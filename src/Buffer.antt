-- ===== src/Buffer.antt =====
-- tecc_buffer.c, tecc_buffer.h: an expandable byte buffer with the operations of a file.
pub mod Bytes
pub mod Defs
pub mod Growth
pub mod Limits
pub mod Writing
pub mod Access
pub mod Overrun
pub mod Text
pub mod Lifetime
pub mod Hex
pub mod HexText
pub mod Printing
pub mod Dump
pub mod Table
pub mod Cells
pub mod Rows
pub mod Tabling
pub mod Json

━━━━━━━━━━━━━━━━━━━━

About this exercise: All of the material should be duplicated exactly.

Your response:
filename src/Buffer.antt
-- ===== src/Buffer.antt =====
-- tecc_buffer.c, tecc_buffer.h: an expandable byte buffer with the operations of a file.
pub mod Bytes
pub mod Defs
pub mod Growth
pub mod Limits
pub mod Writing
pub mod Access
pub mod Overrun
pub mod Text
pub mod Lifetime
pub mod Hex
pub mod HexText
pub mod Printing
pub mod Dump
pub mod Table
pub mod Cells
pub mod Rows
pub mod Tabling
pub mod Json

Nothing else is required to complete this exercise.